La bahía humeante
Había escuchado hablar mucho de Reykjavik, de su vida nocturna, su energía, y de lo fácil que resultaba enamorarse de ella. Bueno, cuando la conocí me pareció que se había exagerado un poco.
No es que no me gustara, pero después de visitar Hellsinki o Copenhague, la capital de Islandia no me pareció más que un pueblo grande, eso sí muy cosmopolita e inquieto culturalmente.
A sus habitantes parece no importarle este hecho, creo que incluso se sienten orgullosos.
Aquellos vapores humeantes que provenían de las fuentes geotérmicas, han sido reconducidos y utilizados para fines modernos y ecológicamente supersostenibles, lo que es digno de la mayor alabanza.
Ahora, aquella aldea que empezó a tener su lugar en el mundo a partir de 1750 con la creación de fábricas de textiles y curtido de lana y que en la II Guerra Mundial fue un lugar estratégico en el Hemisferio Norte, muestra hoy un centro histórico compacto, con varias calles comerciales como Laugavegur, otra de artistas de vanguardia.

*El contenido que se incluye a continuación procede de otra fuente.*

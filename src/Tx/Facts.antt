-- ===== src/Tx/Facts.antt =====
-- What an accepted transfer has done to the view (src/tx.cpp: `CTransaction::ExecuteTx`).
use dacrs.Base.{
  ℕ, true, false, Option, some, [], ◌∷◌, ◌++◌, ◌≡◌, refl, sym, ◌∙◌, ap, subst, ◌==◌, if◌then◌else◌,
  Bool-cases, inl, inr,
}
use mathlib.Core.Option.{some-injective}
use mathlib.Core.Bool.{false≢true}
use dacrs.Base.Int.{ℤ}
use dacrs.Base.Dict.{nat_key}
use dacrs.RunEnv.Check.{em_add_free, em_minus_free}
use dacrs.Account.{
  ChainParams, Account, AccountLog, KeyId, PubKeys, account_log, undo_operate_account,
  is_money_overflow, operate_account, up_date_coin_day, add_money, minus_money,
}
use dacrs.Account.Money.{up_date_coin_day-Aged}
use dacrs.Account.Undo.{undo-operate_account}
use dacrs.Views.{AccountView, present, set_account}
use dacrs.Views.Observe.{account_of, key_of}
use dacrs.Views.ByUser.{UserId, null_id, by_reg, by_key, by_pub_key}
use dacrs.Views.Identity.{account_at, key_by}
use dacrs.Views.Layer.{IsCache, Got, get_account_by-Got, Put, set_account-Put, set_account_by-Put}
use dacrs.Tx.{Transaction, TxState, minus_value}
use dacrs.Tx.Transfer.{Receives, known, fresh, Saved, Steps}

-- The key that a user stands for depends on the ids of the view alone.
pub key_by-same :
    (keys : PubKeys) (user : UserId) (v w : AccountView)
    → ((id : dacrs.Account.RegId) → key_of id w ≡ key_of id v)
    → key_by keys user w ≡ key_by keys user v
unfolding key_by
key_by-same keys null_id v w same = refl
key_by-same keys (by_reg id) v w same = same id
key_by-same keys (by_key k) v w same = refl
key_by-same keys (by_pub_key p) v w same = refl

module _ (params : ChainParams) (type value : ℕ) (height : ℤ) (acc acc' : Account)
    (e : operate_account params type value height acc ≡ (true, acc')) where
  pub operate_account-key_id : acc'.key_id ≡ acc.key_id
  unfolding undo_operate_account
  operate_account-key_id =
      sym (ap (λ r. r.1.key_id) e)
      ∙ ap (λ a. a.key_id) (undo-operate_account params type value height acc)

  -- An operation that succeeds has an amount in range.
  pub operate_account-in_range : is_money_overflow params value ≡ true
  unfolding operate_account
  operate_account-in_range = elim (Bool-cases (is_money_overflow params value)) [
    | inl f ↦ f
    | inr f ↦ absurd (false≢true (ap (λ r. r.0) (rw f at e)))
  ]

  -- And an account with a key.
  pub operate_account-has_key : (acc'.key_id == 0) ≡ false
  unfolding operate_account
  operate_account-has_key = elim (Bool-cases (aged.key_id == 0)) [
    | inr g ↦ ap (λ k. k == 0) (operate_account-key_id ∙ sym same) ∙ g
    | inl g ↦ absurd (false≢true (ap (λ r. r.0) (rw (operate_account-in_range, g) at e)))
  ]
    where
      aged : Account
      aged = (up_date_coin_day params height acc).1

      same : aged.key_id ≡ acc.key_id
      same = (up_date_coin_day-Aged params height acc).key_id

  -- What is written is then found.
  pub operate_account-present : present acc' ≡ some acc'
  operate_account-present = rw operate_account-has_key refl

-- Every account stands under its own key.
abbrev pub Keyed : AccountView → Type 0
Keyed v = (key : KeyId) (acc : Account) → account_of key v ≡ some acc → acc.key_id ≡ key

module _ (keys : PubKeys) (params : ChainParams) (height : ℤ) (tx : Transaction) (s t : TxState)
    (sk dk : KeyId) where
  -- An accepted transfer from the account of `sk` to that of `dk`.
  pub record Facts : Type 0 where
    pub src : Account
    pub src' : Account
    pub old : Option Account
    pub des : Account
    pub des' : Account
    pub src_there : account_of sk s.view ≡ some src
    pub minus :
        operate_account params em_minus_free (minus_value keys params height tx) height src
        ≡ (true, src')
    pub old_is : old ≡ (if nat_key.same dk sk then some src' else account_of dk s.view)
    pub receives : Receives keys params height tx old des
    pub add : operate_account params em_add_free tx.values height des ≡ (true, des')
    pub src_key : src.key_id ≡ sk
    pub des_key : des.key_id ≡ dk
    pub after :
        (j : KeyId)
        → account_of j t.view ≡ (
            if nat_key.same j dk
            then some des'
            else (if nat_key.same j sk then some src' else account_of j s.view))
    pub ids : (id : dacrs.Account.RegId) → key_of id t.view ≡ key_of id s.view
    pub cache : IsCache t.view
    pub logs :
        t.undo.account_log ≡ (s.undo.account_log ++ account_log src ∷ []) ++ account_log des ∷ []

module _ (keys : PubKeys) (params : ChainParams) (height : ℤ) (tx : Transaction) (s t : TxState)
    (sk dk : KeyId) (cached : IsCache s.view) (keyed : Keyed s.view)
    (from : key_by keys tx.src_reg_id s.view ≡ some sk)
    (to : key_by keys tx.des_user_id s.view ≡ some dk)
    (steps : Steps keys params height tx s t) where
  read_src :
      Got (account_at (key_by keys tx.src_reg_id s.view) s.view) s.view (some steps.src, steps.v1)
  read_src =
      subst (Got (account_at (key_by keys tx.src_reg_id s.view) s.view) s.view) steps.read_src
        (get_account_by-Got keys tx.src_reg_id s.view cached)

  src_there : account_of sk s.view ≡ some steps.src
  unfolding account_at
  src_there = sym (read_src.result ∙ ap (λ k. account_at k s.view) from)

  src_key : steps.src.key_id ≡ sk
  src_key = keyed sk steps.src src_there

  src'_key : steps.src'.key_id ≡ sk
  src'_key = operate_account-key_id params _ _ height steps.src steps.src' steps.minus ∙ src_key

  abbrev v2 : AccountView
  v2 = set_account steps.src'.key_id steps.src' steps.v1

  v2-Put : Put steps.src'.key_id (present steps.src') steps.v1 v2
  v2-Put = set_account-Put steps.src'.key_id steps.src' steps.v1 read_src.cache

  in_v2 :
      (j : KeyId)
      → account_of j v2 ≡ (if nat_key.same j sk then some steps.src' else account_of j s.view)
  in_v2 j =
      v2-Put.is.accounts j
      ∙ rw
          (
            operate_account-present params _ _ height steps.src steps.src' steps.minus,
            read_src.same.accounts j,
            src'_key,
          )
          refl

  ids_v2 : (id : dacrs.Account.RegId) → key_of id v2 ≡ key_of id s.view
  ids_v2 id = v2-Put.is.key_ids id ∙ read_src.same.key_ids id

  read_des : Got (account_at (key_by keys tx.des_user_id v2) v2) v2 (steps.old, steps.v3)
  read_des =
      subst (Got (account_at (key_by keys tx.des_user_id v2) v2) v2) steps.read_des
        (get_account_by-Got keys tx.des_user_id v2 v2-Put.cache)

  to_v2 : key_by keys tx.des_user_id v2 ≡ some dk
  to_v2 = key_by-same keys tx.des_user_id s.view v2 ids_v2 ∙ to

  old_is : steps.old ≡ (if nat_key.same dk sk then some steps.src' else account_of dk s.view)
  unfolding account_at
  old_is = read_des.result ∙ ap (λ k. account_at k v2) to_v2 ∙ in_v2 dk

  known_key : (des : Account) → steps.old ≡ some des → des.key_id ≡ dk
  known_key des e = elim (Bool-cases (nat_key.same dk sk)) [
    | inl f ↦
        ap (λ a. a.key_id) (sym (some-injective _ _ (rw f at (sym old_is ∙ e))))
        ∙ src'_key
        ∙ sym ((nat_key.same_iff dk sk).0 f)
    | inr f ↦ keyed dk des (rw f at (sym old_is ∙ e))
  ]

  received_key : (des : Account) → Receives keys params height tx steps.old des → des.key_id ≡ dk
  unfolding key_by
  received_key des (known e) = known_key des e
  received_key des (fresh k e is new common) =
      ap (λ a. a.key_id) new ∙ some-injective _ _ (sym (ap (λ u. key_by keys u s.view) is) ∙ to)

  abbrev saved : Saved keys params height tx (account_log steps.src) steps.old steps.v3 s t
  saved = steps.saved

  saved-Put : Put dk (present saved.des') steps.v3 saved.v'
  saved-Put =
      subst (λ r. Put dk (present saved.des') steps.v3 r.1) saved.set
        (set_account_by-Put keys tx.des_user_id saved.des' dk steps.v3 read_des.cache
          (key_by-same keys tx.des_user_id v2 steps.v3 read_des.same.key_ids ∙ to_v2)
          (ap (λ r. r.0) saved.set))

  after :
      (j : KeyId)
      → account_of j saved.v' ≡ (
          if nat_key.same j dk
          then some saved.des'
          else (if nat_key.same j sk then some steps.src' else account_of j s.view))
  after j =
      saved-Put.is.accounts j
      ∙ rw
          (
            operate_account-present params _ _ height saved.des saved.des' saved.add,
            read_des.same.accounts j,
            in_v2 j,
          )
          refl

  pub steps-Facts : Facts keys params height tx s t sk dk
  steps-Facts = record {
    src = steps.src;
    src' = steps.src';
    old = steps.old;
    des = saved.des;
    des' = saved.des';
    src_there = src_there;
    minus = steps.minus;
    old_is = old_is;
    receives = saved.receives;
    add = saved.add;
    src_key = src_key;
    des_key = received_key saved.des saved.receives;
    after = λ j. ap (λ u. account_of j u.view) saved.result ∙ after j;
    ids = λ id.
        ap (λ u. key_of id u.view) saved.result
        ∙ saved-Put.is.key_ids id
        ∙ read_des.same.key_ids id
        ∙ ids_v2 id;
    cache = subst (λ u. IsCache u.view) (sym saved.result) saved-Put.cache;
    logs = ap (λ u. u.undo.account_log) saved.result;
  }
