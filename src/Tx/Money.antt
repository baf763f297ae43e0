-- ===== src/Tx/Money.antt =====
-- The money that a transfer moves (src/tx.cpp: `CTransaction::ExecuteTx`).
use dacrs.Base.{
  ℕ, ◌+◌, ◌%◌, ◌^◌, ◌<◌, Bool, true, Option, none, some, ◌≡◌, ◌≢◌, refl, sym, ◌∙◌, ap, arith, ==_ne,
  ==_refl, subst, Option-cases, inl, inr,
}
use dacrs.Base.Int.{ℤ}
use dacrs.Base.Dict.{nat_key}
use dacrs.RunEnv.Check.{em_add_free, em_minus_free}
use dacrs.Account.{ChainParams, Account, KeyId, PubKeys}
use dacrs.Account.Money.{
  Moved, added, taken, nothing, beyond, refused, operate_account-Moved, is_money_overflow-leb,
  get_max_money-small,
}
use dacrs.Views.{AccountView}
use dacrs.Views.Observe.{account_of}
use dacrs.Views.Identity.{key_by}
use dacrs.Views.Layer.{IsCache}
use dacrs.Tx.{Transaction, TxState, accepted, minus_value, transfer}
use dacrs.Tx.Transfer.{Receives, known, fresh, transfer-Steps}
use dacrs.Tx.Facts.{Keyed, Facts, steps-Facts, operate_account-in_range}

abbrev pub money_of : Option Account → ℕ
money_of none = 0
money_of (some acc) = acc.values

-- What a view says that a key has.
unfoldable pub balance : KeyId → AccountView → ℕ
balance key v = money_of (account_of key v)

-- No balance is near the limit of its type.
abbrev pub Low : AccountView → Type 0
Low v = (key : KeyId) (acc : Account) → account_of key v ≡ some acc → acc.values < 2 ^ 63

minus-taken :
    (params : ChainParams) (value : ℕ) (acc : Account) (r : Bool × Account)
    → Moved params em_minus_free value acc r
    → r.0 ≡ true
    → r.1.values + value ≡ acc.values
minus-taken params value acc r (added acc' e sum within) ok = ground arith
minus-taken params value acc r (taken acc' e sum) ok = sum
minus-taken params value acc r (nothing acc' e same) ok = omega arith
minus-taken params value acc r (beyond acc' e sum over) ok = ground arith
minus-taken params value acc r (refused acc' same) ok = ground arith

add-given :
    (params : ChainParams) (value : ℕ) (acc : Account) (r : Bool × Account)
    → Moved params em_add_free value acc r
    → r.0 ≡ true
    → r.1.values ≡ acc.values + value
add-given params value acc r (added acc' e sum within) ok = sum
add-given params value acc r (taken acc' e sum) ok = ground arith
add-given params value acc r (nothing acc' e same) ok = omega arith
add-given params value acc r (beyond acc' e sum over) ok = ground arith
add-given params value acc r (refused acc' same) ok = ground arith

module _ (keys : PubKeys) (params : ChainParams) (height : ℤ) (tx : Transaction) (s t : TxState)
    (sk dk : KeyId) where
  -- The money has moved, and nothing else.
  pub record Paid : Type 0 where
    pub src : balance sk t.view + (tx.fees + tx.values) ≡ balance sk s.view
    pub des : balance dk t.view ≡ balance dk s.view + tx.values
    pub rest : (j : KeyId) → j ≢ sk → j ≢ dk → account_of j t.view ≡ account_of j s.view

  old_money :
      (old : Option Account) (des : Account)
      → Receives keys params height tx old des
      → des.values ≡ money_of old
  old_money old des (known e) = rw e refl
  old_money old des (fresh k e is new common) = rw (e, new) refl

  module _ (apart : sk ≢ dk) (low : Low s.view) (fees : tx.fees < 2 ^ 63)
      (values : tx.values < 2 ^ 64) (facts : Facts keys params height tx s t sk dk) where
    in_range : tx.values < 2 ^ 62
    in_range = ground (
      arith,
      is_money_overflow-leb params tx.values,
      operate_account-in_range params _ _ height facts.des facts.des' facts.add,
      get_max_money-small params,
    )

    sent : facts.src'.values + (tx.fees + tx.values) ≡ facts.src.values
    sent = rw whole at (
        minus-taken params (minus_value keys params height tx) facts.src (true, facts.src')
          (subst (Moved params em_minus_free (minus_value keys params height tx) facts.src)
            facts.minus
            (operate_account-Moved params em_minus_free _ height facts.src
              (low sk facts.src facts.src_there) fits))
          refl)
      where
        whole : (tx.fees + tx.values) % 2 ^ 64 ≡ tx.fees + tx.values
        whole = omega (arith, in_range)

        fits : (tx.fees + tx.values) % 2 ^ 64 < 2 ^ 64
        fits = omega arith

    low_money : (key : KeyId) → money_of (account_of key s.view) < 2 ^ 63
    low_money key = elim (Option-cases (account_of key s.view)) [
      | inl e ↦ rw e (omega arith)
      | inr (acc, e) ↦ rw e (low key acc e)
    ]

    old_there : facts.old ≡ account_of dk s.view
    old_there = facts.old_is ∙ rw (==_ne dk sk (λ e. apart (sym e))) refl

    received : facts.des'.values ≡ money_of (account_of dk s.view) + tx.values
    received =
        add-given params tx.values facts.des (true, facts.des')
          (subst (Moved params em_add_free tx.values facts.des) facts.add (
            operate_account-Moved params em_add_free tx.values height facts.des
              (rw before (low_money dk)) values))
          refl
        ∙ rw before refl
      where
        before : facts.des.values ≡ money_of (account_of dk s.view)
        before = old_money facts.old facts.des facts.receives ∙ ap money_of old_there

    facts-Paid : Paid
    unfolding balance
    facts-Paid = record {
      src = rw (facts.after sk, ==_ne sk dk apart, ==_refl sk, facts.src_there) sent;
      des = rw (facts.after dk, ==_refl dk) received;
      rest = λ j not_src not_des. facts.after j ∙ rw (==_ne j dk not_des, ==_ne j sk not_src) refl;
    }

  -- On a sound cache in which every account stands under its own key and all balances are below
  -- 2 ^ 63: a transfer that is accepted, with fees below 2 ^ 63 and an amount of an uint64_t, from
  -- one account to another, takes the amount and the fees from the one and gives the amount to the
  -- other, and leaves all other accounts as they are.
  pub transfer-Paid :
      sk ≢ dk
      → IsCache s.view
      → Keyed s.view
      → Low s.view
      → tx.fees < 2 ^ 63
      → tx.values < 2 ^ 64
      → key_by keys tx.src_reg_id s.view ≡ some sk
      → key_by keys tx.des_user_id s.view ≡ some dk
      → transfer keys params height tx s ≡ accepted t
      → Paid
  transfer-Paid apart cached keyed low fees values from to e = facts-Paid apart low fees values (
      steps-Facts keys params height tx s t sk dk cached keyed from to
        (transfer-Steps keys params height tx s t e))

Hay que tener en cuenta que dos terceras partes de los habitantes de Islandia viven aquí, y por tanto es un sitio de bastante ajetreo; a pesar de eso es tranquila, agradable y llena de rincones curiosos, como las casitas hechas con láminas de uralita y acero que se rodean de preciosos jardines, futuristas edificios que contrastan con el viejo parlamento o los restos de antiguos asentamientos vikingos, el puerto viejo con sus restaurantes y bares, la preciosa zona de Laugardalur con su Jardín Botánico o el lago Tjörnin.
Simplemente es delicioso el pasear por sus calles, curiosear en sus tiendas y parar de vez en cuando a sentir el latido de la capital más septentrional del mundo.